Она вскочила на фортепианную табуретку и затянула, прежде чем Мод успела ее остановить. Она прекрасно оттеняла куплеты и проявила совершенно не предполагавшийся в ней талант diseuse. Мужчины аплодировали и выказали более, нежели хотели, свой восторг; их в высшей степени возбуждал контраст этих гривуазных песенок с невинностью девушки, произносившей их, и молодыми слушательницами.

Сами они, эти полудевы, хохотали каким-то надтреснутым смехом; эта нечистота опьяняла их и они, с большей томностью склонялись к своим кавалерам.

Люк Летранж, со сверкающим нечистым взором подошел к Жанне Шантель. Он наблюдал за малейшим движением ее задумчивого непорочного лица и следил, какое действие производит на нее окружающее. Но на устах девушки по-прежнему сияла улыбка неведения.

"Грязный человек!" – подумал Гектор, наблюдавший за ними.

В первый раз он, скептик, снисходительный к чужим порокам его времени и общества, понял всю мерзость роли профессионального развратителя; он понял это теперь, потому что зараза грозила той, которая, таинственно, незаметно для него самого, становилась дорога ему.

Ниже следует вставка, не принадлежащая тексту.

-- ===== src/Examples/Buffers.antt =====
-- A SESSION_SETUP request with a buffer of three bytes.
use gosamba.Prelude.{ℕ, ◌≡◌, refl, inr, [], ◌∷◌}
use gosamba.Wire.{Bytes, copy, slice, uint16, uint32, uint64}
use gosamba.Wire.Buffers.{SessionSetupRequest, buffer_of, buffer_at, decode_session_setup_request}

abbrev setup_on : (ℕ → ℕ) → Bytes
setup_on f =
    copy 24 (7 ∷ 8 ∷ 9 ∷ [])
      (copy 12 (88 ∷ 0 ∷ 3 ∷ 0 ∷ []) (copy 0 (25 ∷ 0 ∷ 0 ∷ 1 ∷ []) (record { len = 27; at = f })))

abbrev setup : Bytes
setup = setup_on (λ i. 0)

abbrev setup_request : SessionSetupRequest
setup_request = record {
  flags = 0;
  security_mode = 1;
  capabilities = 0;
  channel = 0;
  previous_session_id = 0;
  security_buffer = 7 ∷ 8 ∷ 9 ∷ [];
}

setup_decodes : decode_session_setup_request setup ≡ inr setup_request
unfolding decode_session_setup_request buffer_of buffer_at copy slice uint16 uint32 uint64
setup_decodes = refl

setup_length : uint16 setup 14 ≡ 3
unfolding uint16 copy
setup_length = refl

Когда Жакелин окончила последний припев среди громких аплодисментов, Летранж спросил Жанну, смотря на нее ласкающим взором:

– Что же, мадемуазель, как понравился вам этот романс?

– Очень хорош, – отвечала девушка также наивно и рассеянно, – Жакелин прекрасно поет его.

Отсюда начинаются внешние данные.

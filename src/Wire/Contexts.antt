-- ===== src/Wire/Contexts.antt =====
-- Create contexts: their codec in internal/smb2/create.go, and the durable handle and lease requests
-- that internal/parent/durable.go reads from them. A buffer is the list of its bytes.
pub mod Reread
use gosamba.Prelude.{
  ℕ, zero, suc, ◌+◌, ◌-◌, ◌*◌, ◌%◌, Bool, true, false, ◌&&◌, ◌==◌, ltb, leb, if◌then◌else◌, List,
  [], ◌∷◌, ◌++◌, length, take, drop, replicate, Option, none, some,
}
use gosamba.Prelude.Assoc.{same_bytes}
use gosamba.Wire.{nth, le16, le32}

pub record Context : Type 0 where
  pub name : List ℕ
  pub data_ : List ℕ

abbrev pub uint16_at : List ℕ → ℕ → ℕ
uint16_at b i = nth i b + 256 * nth (suc i) b

abbrev pub uint32_at : List ℕ → ℕ → ℕ
uint32_at b i =
    nth i b
    + 256 * nth (suc i) b
    + 65536 * nth (suc (suc i)) b
    + 16777216 * nth (suc (suc (suc i))) b

-- The bytes at an offset of the entry, nothing where they do not lie in the buffer.
unfoldable pub field : List ℕ → ℕ → ℕ → List ℕ
field b off n = if ltb 0 n && leb (off + n) (length b) then take n (drop off b) else []

unfoldable pub read_context : List ℕ → Context
read_context b = record {
  name = field b (uint16_at b 4) (uint16_at b 6);
  data_ = field b (uint16_at b 10) (uint32_at b 12);
}

-- The contexts that the callback gets, from the bytes at the entry on. Every call of the source has a
-- callback that asks for more. The fuel bounds the entries, each of which is at least one byte on.
unfoldable pub iterate : ℕ → List ℕ → List Context
iterate zero b = []
iterate (suc fuel) b =
    let rest = iterate fuel (drop (uint32_at b 0) b) in
    if ltb (length b) 16
    then []
    else if uint32_at b 0 == 0
    then read_context b ∷ []
    else read_context b ∷ rest

unfoldable pub iterate_create_contexts : List ℕ → List Context
iterate_create_contexts raw = iterate (length raw) raw

-- Zeros up to the next multiple of 8.
abbrev pub pad8 : ℕ → List ℕ
pad8 n = replicate ((8 - n % 8) % 8) 0

unfoldable pub data_offset : Context → ℕ
data_offset c = 16 + length c.name + length (pad8 (16 + length c.name))

-- Name, padding and data, behind the 16 bytes of the entry's header.
unfoldable pub context_body : Context → List ℕ
context_body c = c.name ++ pad8 (16 + length c.name) ++ c.data_

-- The entry whose `Next` is given.
unfoldable pub encode_entry : ℕ → Context → List ℕ
encode_entry next c =
    le32 next
    ++ le16 16
    ++ le16 (length c.name)
    ++ (0 ∷ 0 ∷ le16 (data_offset c))
    ++ le32 (length c.data_)
    ++ context_body c

unfoldable pub entry_pad : Context → List ℕ
entry_pad c = pad8 (16 + length (context_body c))

unfoldable pub entry_size : Context → ℕ
entry_size c = 16 + length (context_body c) + length (entry_pad c)

-- Every entry but the last is padded and says where the next one starts.
unfoldable pub encode_create_contexts : List Context → List ℕ
encode_create_contexts [] = []
encode_create_contexts (c ∷ []) = encode_entry 0 c
encode_create_contexts (c ∷ d ∷ cs) =
    encode_entry (entry_size c) c ++ entry_pad c ++ encode_create_contexts (d ∷ cs)

-- `durableRequest`, `durableReconnect` and `leaseRequest`
pub record DurableRequest : Type 0 where
  pub present : Bool
  pub v2 : Bool
  pub timeout : ℕ
  pub flags : ℕ
  pub guid : List ℕ

pub record ReconnectRequest : Type 0 where
  pub present : Bool
  pub v2 : Bool
  pub file_id : List ℕ
  pub guid : List ℕ

pub record LeaseContext : Type 0 where
  pub present : Bool
  pub v2 : Bool
  pub key : List ℕ
  pub state : ℕ

abbrev pub zeros16 : List ℕ
zeros16 = replicate 16 0

pub record DurableContexts : Type 0 where
  pub request : DurableRequest
  pub reconnect : ReconnectRequest
  pub lease : LeaseContext

abbrev pub no_contexts : DurableContexts
no_contexts = record {
  request = record { present = false; v2 = false; timeout = 0; flags = 0; guid = zeros16 };
  reconnect = record { present = false; v2 = false; file_id = zeros16; guid = zeros16 };
  lease = record { present = false; v2 = false; key = zeros16; state = 0 };
}

-- "DH2Q", "DHnQ", "DH2C", "DHnC" and "RqLs"
abbrev pub tag_dh2q : List ℕ
tag_dh2q = 0x44 ∷ 0x48 ∷ 0x32 ∷ 0x51 ∷ []

abbrev pub tag_dhnq : List ℕ
tag_dhnq = 0x44 ∷ 0x48 ∷ 0x6E ∷ 0x51 ∷ []

abbrev pub tag_dh2c : List ℕ
tag_dh2c = 0x44 ∷ 0x48 ∷ 0x32 ∷ 0x43 ∷ []

abbrev pub tag_dhnc : List ℕ
tag_dhnc = 0x44 ∷ 0x48 ∷ 0x6E ∷ 0x43 ∷ []

abbrev pub tag_rqls : List ℕ
tag_rqls = 0x52 ∷ 0x71 ∷ 0x4C ∷ 0x73 ∷ []

-- The effect of one context on the three results. What a context does not set is kept.
unfoldable pub apply_context : Context → DurableContexts → DurableContexts
apply_context c r =
    let b = c.data_ in
    if same_bytes c.name tag_dh2q
    then (if leb 32 (length b)
        then record r {
          request = record {
            present = true;
            v2 = true;
            timeout = uint32_at b 0;
            flags = uint32_at b 4;
            guid = take 16 (drop 16 b);
          };
        }
        else r)
    else if same_bytes c.name tag_dhnq
    then record r { request = record r.request { present = true; v2 = false } }
    else if same_bytes c.name tag_dh2c
    then (if leb 36 (length b)
        then record r {
          reconnect = record {
            present = true;
            v2 = true;
            file_id = take 16 b;
            guid = take 16 (drop 16 b);
          };
        }
        else r)
    else if same_bytes c.name tag_dhnc
    then (if leb 16 (length b)
        then record r {
          reconnect = record r.reconnect { present = true; v2 = false; file_id = take 16 b };
        }
        else r)
    else if same_bytes c.name tag_rqls
    then (if leb 20 (length b)
        then record r {
          lease = record {
            present = true;
            v2 = leb 52 (length b);
            key = take 16 b;
            state = uint32_at b 16;
          };
        }
        else r)
    else r

abbrev pub apply_contexts : List Context → DurableContexts → DurableContexts
apply_contexts [] r = r
apply_contexts (c ∷ cs) r = apply_contexts cs (apply_context c r)

unfoldable pub parse_durable_contexts : List ℕ → DurableContexts
parse_durable_contexts raw = apply_contexts (iterate_create_contexts raw) no_contexts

– Не правда ли, что остроумнее нельзя сказать самые неприличные вещи.

Жанна сделалась совсем красной: не расслышав хорошо, чего от нее хотели, она поняла злое намерение навести ее мысли на запрещенный путь. И она ощутила при этом то, что всякая порядочная женщина всегда испытывает при разговоре о любви без нежности – страх. И вдруг ей стало стыдно своих обнаженных рук, крошечной выемки на шее, наготы, – которую пожирали взглядами мужчины – и от этой целомудренной наготы ей стало больно. Инстинктивно она стала искать защиты, прибежища, но, оглядевшись, в первый раз поняла, где она находилась, и кто окружал ее. Она стала понимать, что говорилось в этих группах девушек и мужчин, стала замечать плохо скрываемые прикосновения друг к другу. Открытие, сделанное ею, было неожиданное, поразительное; состояние ее походило на пробуждение христианской девицы, опьяненной сонным маком, в доме Сюбюрра.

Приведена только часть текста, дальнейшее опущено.